Your objective: Each line of the listing that holds "valueExists" counts once; report how many there are, and nothing more.

Records for this task:
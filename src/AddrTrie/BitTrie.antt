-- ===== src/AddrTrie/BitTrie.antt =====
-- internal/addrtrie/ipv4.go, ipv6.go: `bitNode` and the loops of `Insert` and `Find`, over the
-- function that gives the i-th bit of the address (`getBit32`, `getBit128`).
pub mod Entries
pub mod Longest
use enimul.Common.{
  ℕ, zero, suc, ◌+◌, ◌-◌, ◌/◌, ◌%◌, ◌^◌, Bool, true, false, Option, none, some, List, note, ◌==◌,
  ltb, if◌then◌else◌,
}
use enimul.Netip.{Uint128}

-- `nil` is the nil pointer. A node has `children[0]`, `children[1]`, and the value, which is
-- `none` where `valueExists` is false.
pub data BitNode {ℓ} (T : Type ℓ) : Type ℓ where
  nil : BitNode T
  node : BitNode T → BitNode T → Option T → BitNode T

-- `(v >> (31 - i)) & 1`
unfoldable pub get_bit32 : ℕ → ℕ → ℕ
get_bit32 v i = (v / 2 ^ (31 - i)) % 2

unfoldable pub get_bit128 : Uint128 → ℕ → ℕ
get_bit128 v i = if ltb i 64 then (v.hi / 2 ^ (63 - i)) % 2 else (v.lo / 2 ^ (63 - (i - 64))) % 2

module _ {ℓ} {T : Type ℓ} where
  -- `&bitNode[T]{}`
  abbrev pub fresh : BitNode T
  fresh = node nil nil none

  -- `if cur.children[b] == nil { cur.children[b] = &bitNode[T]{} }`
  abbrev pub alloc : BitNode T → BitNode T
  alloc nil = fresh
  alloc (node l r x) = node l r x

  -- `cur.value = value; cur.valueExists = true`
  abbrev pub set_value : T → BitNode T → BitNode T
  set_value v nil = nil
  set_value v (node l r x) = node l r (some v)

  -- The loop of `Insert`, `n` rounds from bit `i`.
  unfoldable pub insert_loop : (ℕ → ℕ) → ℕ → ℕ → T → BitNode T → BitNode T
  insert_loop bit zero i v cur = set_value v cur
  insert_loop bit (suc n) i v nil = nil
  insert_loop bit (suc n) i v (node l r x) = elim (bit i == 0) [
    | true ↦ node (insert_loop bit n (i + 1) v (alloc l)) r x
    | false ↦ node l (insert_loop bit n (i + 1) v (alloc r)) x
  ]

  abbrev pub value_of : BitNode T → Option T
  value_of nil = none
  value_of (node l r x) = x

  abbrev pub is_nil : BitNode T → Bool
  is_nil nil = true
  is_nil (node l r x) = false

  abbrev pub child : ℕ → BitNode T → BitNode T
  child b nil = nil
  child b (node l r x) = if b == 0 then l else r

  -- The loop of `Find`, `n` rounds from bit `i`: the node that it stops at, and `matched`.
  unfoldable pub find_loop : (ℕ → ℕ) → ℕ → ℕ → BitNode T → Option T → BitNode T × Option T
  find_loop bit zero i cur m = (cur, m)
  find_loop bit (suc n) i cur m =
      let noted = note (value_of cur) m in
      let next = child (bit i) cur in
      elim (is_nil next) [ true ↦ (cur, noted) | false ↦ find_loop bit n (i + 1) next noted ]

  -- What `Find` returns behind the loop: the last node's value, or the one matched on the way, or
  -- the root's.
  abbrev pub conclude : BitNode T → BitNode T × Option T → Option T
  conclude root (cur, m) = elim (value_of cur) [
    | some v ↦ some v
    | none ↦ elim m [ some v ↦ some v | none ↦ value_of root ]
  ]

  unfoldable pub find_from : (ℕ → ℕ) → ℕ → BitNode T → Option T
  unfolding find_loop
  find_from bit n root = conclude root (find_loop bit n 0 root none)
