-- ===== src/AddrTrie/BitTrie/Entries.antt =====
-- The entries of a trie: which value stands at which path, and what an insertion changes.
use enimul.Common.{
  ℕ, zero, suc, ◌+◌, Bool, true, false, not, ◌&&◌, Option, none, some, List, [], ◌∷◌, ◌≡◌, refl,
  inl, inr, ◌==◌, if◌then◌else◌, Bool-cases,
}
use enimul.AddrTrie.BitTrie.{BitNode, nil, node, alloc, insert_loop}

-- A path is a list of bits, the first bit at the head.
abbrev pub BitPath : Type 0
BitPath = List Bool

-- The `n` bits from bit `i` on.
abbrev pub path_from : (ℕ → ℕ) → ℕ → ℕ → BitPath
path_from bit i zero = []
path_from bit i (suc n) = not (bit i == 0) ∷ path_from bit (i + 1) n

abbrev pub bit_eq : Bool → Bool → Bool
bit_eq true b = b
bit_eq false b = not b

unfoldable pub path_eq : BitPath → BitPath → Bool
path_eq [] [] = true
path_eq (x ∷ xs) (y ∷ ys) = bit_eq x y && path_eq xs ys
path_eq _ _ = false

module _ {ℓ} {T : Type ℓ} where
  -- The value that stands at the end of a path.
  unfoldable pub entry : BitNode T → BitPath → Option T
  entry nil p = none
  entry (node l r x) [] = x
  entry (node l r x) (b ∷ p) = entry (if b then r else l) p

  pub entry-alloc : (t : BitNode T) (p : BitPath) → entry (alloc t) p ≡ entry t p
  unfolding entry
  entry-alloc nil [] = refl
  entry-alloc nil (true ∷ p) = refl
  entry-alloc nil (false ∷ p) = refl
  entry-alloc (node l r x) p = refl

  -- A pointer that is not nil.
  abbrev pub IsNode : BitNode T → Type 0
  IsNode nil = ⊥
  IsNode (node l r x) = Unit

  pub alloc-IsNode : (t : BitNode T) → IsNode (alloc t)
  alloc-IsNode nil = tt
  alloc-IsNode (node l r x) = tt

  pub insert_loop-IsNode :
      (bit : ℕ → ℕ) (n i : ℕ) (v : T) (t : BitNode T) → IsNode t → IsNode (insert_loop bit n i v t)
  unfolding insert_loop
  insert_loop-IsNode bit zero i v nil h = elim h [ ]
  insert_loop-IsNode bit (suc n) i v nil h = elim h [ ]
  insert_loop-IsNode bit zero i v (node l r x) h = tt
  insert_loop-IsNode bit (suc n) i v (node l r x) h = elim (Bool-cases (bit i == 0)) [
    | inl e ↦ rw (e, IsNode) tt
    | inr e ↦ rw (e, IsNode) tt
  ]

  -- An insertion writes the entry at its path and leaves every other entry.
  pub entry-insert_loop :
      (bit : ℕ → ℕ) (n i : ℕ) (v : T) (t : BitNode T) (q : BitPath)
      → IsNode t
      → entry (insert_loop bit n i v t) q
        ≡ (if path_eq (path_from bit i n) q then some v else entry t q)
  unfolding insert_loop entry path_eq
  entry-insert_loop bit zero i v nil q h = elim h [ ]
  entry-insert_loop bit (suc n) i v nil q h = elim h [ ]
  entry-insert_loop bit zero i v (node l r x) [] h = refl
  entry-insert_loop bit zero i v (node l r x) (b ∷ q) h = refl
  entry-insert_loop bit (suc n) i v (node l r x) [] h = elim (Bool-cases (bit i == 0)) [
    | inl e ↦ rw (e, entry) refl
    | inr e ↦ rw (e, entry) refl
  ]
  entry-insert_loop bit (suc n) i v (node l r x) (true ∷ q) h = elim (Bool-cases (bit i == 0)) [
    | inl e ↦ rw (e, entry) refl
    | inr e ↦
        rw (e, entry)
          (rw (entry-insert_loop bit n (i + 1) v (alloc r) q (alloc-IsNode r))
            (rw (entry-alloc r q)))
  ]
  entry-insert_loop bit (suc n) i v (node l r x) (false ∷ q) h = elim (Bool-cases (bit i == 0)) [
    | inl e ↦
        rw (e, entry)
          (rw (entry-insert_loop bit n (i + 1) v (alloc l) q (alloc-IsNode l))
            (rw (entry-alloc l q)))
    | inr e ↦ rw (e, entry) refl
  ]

...

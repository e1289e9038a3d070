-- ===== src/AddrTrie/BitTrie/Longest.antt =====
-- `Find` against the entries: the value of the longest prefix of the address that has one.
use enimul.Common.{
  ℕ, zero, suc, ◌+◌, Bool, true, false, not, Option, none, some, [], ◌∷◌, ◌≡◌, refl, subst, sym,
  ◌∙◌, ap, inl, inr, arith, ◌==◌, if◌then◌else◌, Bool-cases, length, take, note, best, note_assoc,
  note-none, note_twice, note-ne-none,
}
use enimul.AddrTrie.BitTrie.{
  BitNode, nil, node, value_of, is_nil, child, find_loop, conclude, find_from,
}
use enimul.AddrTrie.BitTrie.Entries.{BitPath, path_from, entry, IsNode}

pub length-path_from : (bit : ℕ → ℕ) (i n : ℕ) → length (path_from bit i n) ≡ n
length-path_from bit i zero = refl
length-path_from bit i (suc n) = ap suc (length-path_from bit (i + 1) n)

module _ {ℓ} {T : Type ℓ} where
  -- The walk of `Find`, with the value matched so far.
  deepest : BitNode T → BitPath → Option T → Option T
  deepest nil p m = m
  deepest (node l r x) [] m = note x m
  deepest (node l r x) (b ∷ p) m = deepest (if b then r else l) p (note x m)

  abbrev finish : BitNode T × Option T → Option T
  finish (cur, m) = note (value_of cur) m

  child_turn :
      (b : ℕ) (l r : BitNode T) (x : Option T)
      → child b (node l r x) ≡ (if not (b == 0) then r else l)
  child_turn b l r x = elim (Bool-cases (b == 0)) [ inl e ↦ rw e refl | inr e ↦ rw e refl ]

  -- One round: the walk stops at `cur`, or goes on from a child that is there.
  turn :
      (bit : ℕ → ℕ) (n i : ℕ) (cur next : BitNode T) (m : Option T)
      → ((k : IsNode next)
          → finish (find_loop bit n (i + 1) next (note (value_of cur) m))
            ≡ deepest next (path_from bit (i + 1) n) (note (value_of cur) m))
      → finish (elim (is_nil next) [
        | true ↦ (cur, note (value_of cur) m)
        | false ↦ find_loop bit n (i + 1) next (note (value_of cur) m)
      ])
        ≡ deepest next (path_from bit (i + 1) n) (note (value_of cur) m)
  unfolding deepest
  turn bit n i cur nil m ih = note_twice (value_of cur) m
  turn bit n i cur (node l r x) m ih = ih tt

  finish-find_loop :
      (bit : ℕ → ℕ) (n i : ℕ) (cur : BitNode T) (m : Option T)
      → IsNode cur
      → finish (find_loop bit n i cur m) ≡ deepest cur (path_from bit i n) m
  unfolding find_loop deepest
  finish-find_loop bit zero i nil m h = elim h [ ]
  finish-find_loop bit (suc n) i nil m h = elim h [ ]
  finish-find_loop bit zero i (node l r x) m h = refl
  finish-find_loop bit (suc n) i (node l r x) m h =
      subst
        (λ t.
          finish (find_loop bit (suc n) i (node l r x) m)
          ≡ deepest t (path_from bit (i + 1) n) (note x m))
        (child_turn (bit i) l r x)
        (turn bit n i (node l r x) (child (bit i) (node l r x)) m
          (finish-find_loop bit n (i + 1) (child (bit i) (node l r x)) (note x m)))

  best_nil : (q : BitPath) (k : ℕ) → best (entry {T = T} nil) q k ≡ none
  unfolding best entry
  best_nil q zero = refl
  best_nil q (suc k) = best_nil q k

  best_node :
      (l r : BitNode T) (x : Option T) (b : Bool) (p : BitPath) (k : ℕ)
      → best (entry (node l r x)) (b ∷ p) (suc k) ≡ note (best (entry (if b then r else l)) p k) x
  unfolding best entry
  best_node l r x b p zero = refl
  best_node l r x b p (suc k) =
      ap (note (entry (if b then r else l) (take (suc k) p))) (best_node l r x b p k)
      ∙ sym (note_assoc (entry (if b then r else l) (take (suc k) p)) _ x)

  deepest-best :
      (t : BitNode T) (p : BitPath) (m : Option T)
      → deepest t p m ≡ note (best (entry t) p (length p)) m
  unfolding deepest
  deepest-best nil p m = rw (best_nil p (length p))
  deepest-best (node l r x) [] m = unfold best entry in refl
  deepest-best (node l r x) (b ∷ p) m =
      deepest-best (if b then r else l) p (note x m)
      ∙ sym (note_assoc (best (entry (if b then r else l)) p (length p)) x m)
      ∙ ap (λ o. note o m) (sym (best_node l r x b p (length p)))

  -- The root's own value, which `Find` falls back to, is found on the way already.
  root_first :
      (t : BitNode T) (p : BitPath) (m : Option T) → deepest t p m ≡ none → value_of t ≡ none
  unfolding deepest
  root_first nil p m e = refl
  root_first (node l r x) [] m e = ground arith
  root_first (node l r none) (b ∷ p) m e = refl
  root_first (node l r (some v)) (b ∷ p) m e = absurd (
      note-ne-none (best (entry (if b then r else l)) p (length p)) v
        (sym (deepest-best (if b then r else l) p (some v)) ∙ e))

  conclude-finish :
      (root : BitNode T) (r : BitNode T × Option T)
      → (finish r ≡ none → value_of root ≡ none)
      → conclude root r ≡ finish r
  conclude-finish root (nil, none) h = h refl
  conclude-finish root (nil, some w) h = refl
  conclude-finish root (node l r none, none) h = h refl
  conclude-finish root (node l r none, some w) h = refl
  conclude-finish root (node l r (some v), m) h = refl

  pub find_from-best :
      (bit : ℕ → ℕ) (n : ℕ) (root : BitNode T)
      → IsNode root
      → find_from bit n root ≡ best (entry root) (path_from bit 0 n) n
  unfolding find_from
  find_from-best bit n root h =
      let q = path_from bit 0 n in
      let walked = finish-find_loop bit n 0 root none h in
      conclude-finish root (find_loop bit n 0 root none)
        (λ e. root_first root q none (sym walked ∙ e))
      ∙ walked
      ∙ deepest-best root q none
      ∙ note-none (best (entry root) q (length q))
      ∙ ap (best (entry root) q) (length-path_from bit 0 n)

Exercise result: 2